-- ===== src/Tracker/Owners.antt =====
-- The tracker as a map from install ids to owners: what each operation of
-- InstallTrackerSingleton.ts does to that map.
use vscode_dotnet_runtime.Prelude.{
  ◌≡◌, refl, ap, ◌∙◌, Bool, true, false, not, Bool-cases, inl, inr, Option, none, some, List, [],
  map, arith, if◌then◌else◌, keep, any_of, ok, throw, Error,
}
use vscode_dotnet_runtime.Text.{Text, ◌===◌, ===_iff}
use vscode_dotnet_runtime.Collections.Sets.{Distinct}
use vscode_dotnet_runtime.Install.{DotnetInstall}
use vscode_dotnet_runtime.Tracker.State.{
  InstallOwner, InstallRecord, ExtensionState, get_existing_installs, equivalent_to,
}
use vscode_dotnet_runtime.Tracker.Sessions.{mark_install_as_in_use_with_install_lock}
use vscode_dotnet_runtime.Tracker.Installs.{
  store, first_owners, update_first, differs_from, add_owner, add_owners_from, is_named, with_owner,
  report_successful_uninstall, remove_version_from_extension_state, add_version_to_extension_state,
  add_owners, uninstall_all_records,
}
use vscode_dotnet_runtime.Tracker.Records.{
  replaced, changed, owners_in, ids, or_empty, change_some, convert_installs-to_stored,
  first_owners-keep, owners_in-drop, owners_in-replace, owners_in-with_owner,
}

module _ (default_architecture : Text) where
  abbrev pub registered : ExtensionState → List InstallRecord
  registered s = (get_existing_installs default_architecture s).0

  -- The owners of the install with an id, if one is tracked.
  abbrev pub owners_of : Text → ExtensionState → Option (List InstallOwner)
  owners_of id s = owners_in id (registered s)

  -- No id is tracked twice.
  abbrev pub IsTracked : ExtensionState → Type 0
  IsTracked s = Distinct (ids (registered s))

  pub registered-store :
      (rs : List InstallRecord) (s : ExtensionState) → registered (store rs s) ≡ rs
  unfolding get_existing_installs
  registered-store rs s = convert_installs-to_stored default_architecture rs

  pub registered-again :
      (s : ExtensionState)
      → registered (get_existing_installs default_architecture s).1 ≡ registered s
  unfolding get_existing_installs
  registered-again s = convert_installs-to_stored default_architecture (registered s)

  -- Reading the installs brings the stored records to their present form once: a second read gives
  -- the same installs and changes nothing.
  pub get_existing_installs_idempotent :
      (s : ExtensionState)
      → get_existing_installs default_architecture (get_existing_installs default_architecture s).1
        ≡ get_existing_installs default_architecture s
  unfolding get_existing_installs
  get_existing_installs_idempotent s =
      rw (convert_installs-to_stored default_architecture (registered s))

  -- Tracking an install fails as its validation fails. Otherwise its requester (null if undefined)
  -- is added to the owners of its id, which is new or not, and no other id changes its owners.
  pub add_version_owners :
      (this_session : Text) (requester : Option Text) (install : DotnetInstall) (path : Text)
      (s : ExtensionState) (e : Error)
      → (add_version_to_extension_state default_architecture this_session requester install path
            (throw e)
            s
          ≡ throw e)
        × ((s' : ExtensionState) × (add_version_to_extension_state default_architecture this_session
                requester install path
                (ok tt)
                s
              ≡ ok s')
            × ((j : Text)
                → owners_of j s' ≡ (
                    if install.install_id === j
                    then some (add_owner requester (or_empty (owners_of j s)))
                    else owners_of j s)))
  unfolding add_version_to_extension_state
  add_version_owners this_session requester install path s e =
      let rs = with_owner requester install (registered s) in
      (
        refl,
        (
          store rs (mark_install_as_in_use_with_install_lock path this_session s),
          refl,
          λ j.
              ap (owners_in j) (registered-store rs s)
              ∙ owners_in-with_owner install requester j (registered s),
        ),
      )

  pub registered-report :
      (install : DotnetInstall) (s : ExtensionState)
      → registered (report_successful_uninstall default_architecture install s)
        ≡ keep (λ x. not (equivalent_to install x)) (registered s)
  unfolding report_successful_uninstall
  registered-report install s =
      registered-store (keep (λ x. not (equivalent_to install x)) (registered s)) s

  pub registered-force :
      (requester : Option Text) (install : DotnetInstall) (s : ExtensionState)
      → registered
          (remove_version_from_extension_state default_architecture requester install true s)
        ≡ keep (λ x. not (equivalent_to install x)) (registered s)
  unfolding remove_version_from_extension_state
  registered-force requester install s =
      registered-report install (get_existing_installs default_architecture s).1
      ∙ ap (keep (λ x. not (equivalent_to install x))) (registered-again s)

  abbrev pub remaining : Option Text → DotnetInstall → ExtensionState → List InstallOwner
  remaining requester install s =
      keep (differs_from requester) (first_owners (keep (equivalent_to install) (registered s)))

  pub registered-remove :
      (requester : Option Text) (install : DotnetInstall) (s : ExtensionState)
      → registered
          (remove_version_from_extension_state default_architecture requester install false s)
        ≡ map (replaced install (remaining requester install s)) (registered s)
  unfolding remove_version_from_extension_state
  registered-remove requester install s =
      registered-store (map (replaced install (remaining requester install s)) (registered s)) s

  abbrev pub joined : List InstallOwner → List InstallOwner → List InstallOwner
  joined new os = add_owners_from (add_owners_from [] os) (keep is_named new)

  pub registered-add_owners :
      (install : DotnetInstall) (new : List InstallOwner) (s : ExtensionState)
      → registered (add_owners default_architecture install new s) ≡ (
          if any_of (equivalent_to install) (registered s)
          then update_first install (changed install (joined new)) (registered s)
          else registered s)
  unfolding add_owners
  registered-add_owners install new s =
      elim (Bool-cases (any_of (equivalent_to install) (registered s))) [
        | inl found ↦ rw found (
            registered-store (update_first install (changed install (joined new)) (registered s)) s)
        | inr missing ↦ rw missing (registered-again s)
      ]

  pub registered-add :
      (this_session path : Text) (requester : Option Text) (install : DotnetInstall)
      (s s' : ExtensionState)
      → add_version_to_extension_state default_architecture this_session requester install path
          (ok tt)
          s
        ≡ ok s'
      → registered s' ≡ with_owner requester install (registered s)
  unfolding add_version_to_extension_state
  registered-add this_session path requester install s s' e =
      let t =
        store (with_owner requester install (registered s))
          (mark_install_as_in_use_with_install_lock path this_session s) in
      let same : t ≡ s' = cc in
      rw (← same) (registered-store (with_owner requester install (registered s)) s)

  pub registered-uninstall_all :
      (s : ExtensionState)
      → registered (uninstall_all_records default_architecture s)
        ≡ keep (λ x. x.dotnet_install.is_global) (registered s)
  unfolding uninstall_all_records
  registered-uninstall_all s =
      registered-store (keep (λ x. x.dotnet_install.is_global) (registered s)) s

  -- Removing an install by force untracks its id. Otherwise the id, if it is tracked, keeps the
  -- owners that differ from the requester. No other id changes its owners.
  pub remove_version_owners :
      (requester : Option Text) (install : DotnetInstall) (force : Bool) (s : ExtensionState)
      (j : Text)
      → owners_of j
          (remove_version_from_extension_state default_architecture requester install force s)
        ≡ (if install.install_id === j
            then if force then none else change_some (keep (differs_from requester)) (owners_of j s)
            else owners_of j s)
  remove_version_owners requester install true s j =
      ap (owners_in j) (registered-force requester install s)
      ∙ owners_in-drop install j (registered s)
  remove_version_owners requester install false s j =
      ap (owners_in j) (registered-remove requester install s)
      ∙ owners_in-replace install (remaining requester install s) j (registered s)
      ∙ ground (arith, first_owners-keep install (registered s), ===_iff install.install_id j)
* * * *
* Assigned task: For every entry in the records above, write an exact copy.

* Written answer:
-- ===== src/Tracker/Owners.antt =====
-- The tracker as a map from install ids to owners: what each operation of
-- InstallTrackerSingleton.ts does to that map.
use vscode_dotnet_runtime.Prelude.{
  ◌≡◌, refl, ap, ◌∙◌, Bool, true, false, not, Bool-cases, inl, inr, Option, none, some, List, [],
  map, arith, if◌then◌else◌, keep, any_of, ok, throw, Error,
}
use vscode_dotnet_runtime.Text.{Text, ◌===◌, ===_iff}
use vscode_dotnet_runtime.Collections.Sets.{Distinct}
use vscode_dotnet_runtime.Install.{DotnetInstall}
use vscode_dotnet_runtime.Tracker.State.{
  InstallOwner, InstallRecord, ExtensionState, get_existing_installs, equivalent_to,
}
use vscode_dotnet_runtime.Tracker.Sessions.{mark_install_as_in_use_with_install_lock}
use vscode_dotnet_runtime.Tracker.Installs.{
  store, first_owners, update_first, differs_from, add_owner, add_owners_from, is_named, with_owner,
  report_successful_uninstall, remove_version_from_extension_state, add_version_to_extension_state,
  add_owners, uninstall_all_records,
}
use vscode_dotnet_runtime.Tracker.Records.{
  replaced, changed, owners_in, ids, or_empty, change_some, convert_installs-to_stored,
  first_owners-keep, owners_in-drop, owners_in-replace, owners_in-with_owner,
}

module _ (default_architecture : Text) where
  abbrev pub registered : ExtensionState → List InstallRecord
  registered s = (get_existing_installs default_architecture s).0

  -- The owners of the install with an id, if one is tracked.
  abbrev pub owners_of : Text → ExtensionState → Option (List InstallOwner)
  owners_of id s = owners_in id (registered s)

  -- No id is tracked twice.
  abbrev pub IsTracked : ExtensionState → Type 0
  IsTracked s = Distinct (ids (registered s))

  pub registered-store :
      (rs : List InstallRecord) (s : ExtensionState) → registered (store rs s) ≡ rs
  unfolding get_existing_installs
  registered-store rs s = convert_installs-to_stored default_architecture rs

  pub registered-again :
      (s : ExtensionState)
      → registered (get_existing_installs default_architecture s).1 ≡ registered s
  unfolding get_existing_installs
  registered-again s = convert_installs-to_stored default_architecture (registered s)

  -- Reading the installs brings the stored records to their present form once: a second read gives
  -- the same installs and changes nothing.
  pub get_existing_installs_idempotent :
      (s : ExtensionState)
      → get_existing_installs default_architecture (get_existing_installs default_architecture s).1
        ≡ get_existing_installs default_architecture s
  unfolding get_existing_installs
  get_existing_installs_idempotent s =
      rw (convert_installs-to_stored default_architecture (registered s))

  -- Tracking an install fails as its validation fails. Otherwise its requester (null if undefined)
  -- is added to the owners of its id, which is new or not, and no other id changes its owners.
  pub add_version_owners :
      (this_session : Text) (requester : Option Text) (install : DotnetInstall) (path : Text)
      (s : ExtensionState) (e : Error)
      → (add_version_to_extension_state default_architecture this_session requester install path
            (throw e)
            s
          ≡ throw e)
        × ((s' : ExtensionState) × (add_version_to_extension_state default_architecture this_session
                requester install path
                (ok tt)
                s
              ≡ ok s')
            × ((j : Text)
                → owners_of j s' ≡ (
                    if install.install_id === j
                    then some (add_owner requester (or_empty (owners_of j s)))
                    else owners_of j s)))
  unfolding add_version_to_extension_state
  add_version_owners this_session requester install path s e =
      let rs = with_owner requester install (registered s) in
      (
        refl,
        (
          store rs (mark_install_as_in_use_with_install_lock path this_session s),
          refl,
          λ j.
              ap (owners_in j) (registered-store rs s)
              ∙ owners_in-with_owner install requester j (registered s),
        ),
      )

  pub registered-report :
      (install : DotnetInstall) (s : ExtensionState)
      → registered (report_successful_uninstall default_architecture install s)
        ≡ keep (λ x. not (equivalent_to install x)) (registered s)
  unfolding report_successful_uninstall
  registered-report install s =
      registered-store (keep (λ x. not (equivalent_to install x)) (registered s)) s

  pub registered-force :
      (requester : Option Text) (install : DotnetInstall) (s : ExtensionState)
      → registered
          (remove_version_from_extension_state default_architecture requester install true s)
        ≡ keep (λ x. not (equivalent_to install x)) (registered s)
  unfolding remove_version_from_extension_state
  registered-force requester install s =
      registered-report install (get_existing_installs default_architecture s).1
      ∙ ap (keep (λ x. not (equivalent_to install x))) (registered-again s)

  abbrev pub remaining : Option Text → DotnetInstall → ExtensionState → List InstallOwner
  remaining requester install s =
      keep (differs_from requester) (first_owners (keep (equivalent_to install) (registered s)))

  pub registered-remove :
      (requester : Option Text) (install : DotnetInstall) (s : ExtensionState)
      → registered
          (remove_version_from_extension_state default_architecture requester install false s)
        ≡ map (replaced install (remaining requester install s)) (registered s)
  unfolding remove_version_from_extension_state
  registered-remove requester install s =
      registered-store (map (replaced install (remaining requester install s)) (registered s)) s

  abbrev pub joined : List InstallOwner → List InstallOwner → List InstallOwner
  joined new os = add_owners_from (add_owners_from [] os) (keep is_named new)

  pub registered-add_owners :
      (install : DotnetInstall) (new : List InstallOwner) (s : ExtensionState)
      → registered (add_owners default_architecture install new s) ≡ (
          if any_of (equivalent_to install) (registered s)
          then update_first install (changed install (joined new)) (registered s)
          else registered s)
  unfolding add_owners
  registered-add_owners install new s =
      elim (Bool-cases (any_of (equivalent_to install) (registered s))) [
        | inl found ↦ rw found (
            registered-store (update_first install (changed install (joined new)) (registered s)) s)
        | inr missing ↦ rw missing (registered-again s)
      ]

  pub registered-add :
      (this_session path : Text) (requester : Option Text) (install : DotnetInstall)
      (s s' : ExtensionState)
      → add_version_to_extension_state default_architecture this_session requester install path
          (ok tt)
          s
        ≡ ok s'
      → registered s' ≡ with_owner requester install (registered s)
  unfolding add_version_to_extension_state
  registered-add this_session path requester install s s' e =
      let t =
        store (with_owner requester install (registered s))
          (mark_install_as_in_use_with_install_lock path this_session s) in
      let same : t ≡ s' = cc in
      rw (← same) (registered-store (with_owner requester install (registered s)) s)

  pub registered-uninstall_all :
      (s : ExtensionState)
      → registered (uninstall_all_records default_architecture s)
        ≡ keep (λ x. x.dotnet_install.is_global) (registered s)
  unfolding uninstall_all_records
  registered-uninstall_all s =
      registered-store (keep (λ x. x.dotnet_install.is_global) (registered s)) s

  -- Removing an install by force untracks its id. Otherwise the id, if it is tracked, keeps the
  -- owners that differ from the requester. No other id changes its owners.
  pub remove_version_owners :
      (requester : Option Text) (install : DotnetInstall) (force : Bool) (s : ExtensionState)
      (j : Text)
      → owners_of j
          (remove_version_from_extension_state default_architecture requester install force s)
        ≡ (if install.install_id === j
            then if force then none else change_some (keep (differs_from requester)) (owners_of j s)
            else owners_of j s)
  remove_version_owners requester install true s j =
      ap (owners_in j) (registered-force requester install s)
      ∙ owners_in-drop install j (registered s)
  remove_version_owners requester install false s j =
      ap (owners_in j) (registered-remove requester install s)
      ∙ owners_in-replace install (remaining requester install s) j (registered s)
      ∙ ground (arith, first_owners-keep install (registered s), ===_iff install.install_id j)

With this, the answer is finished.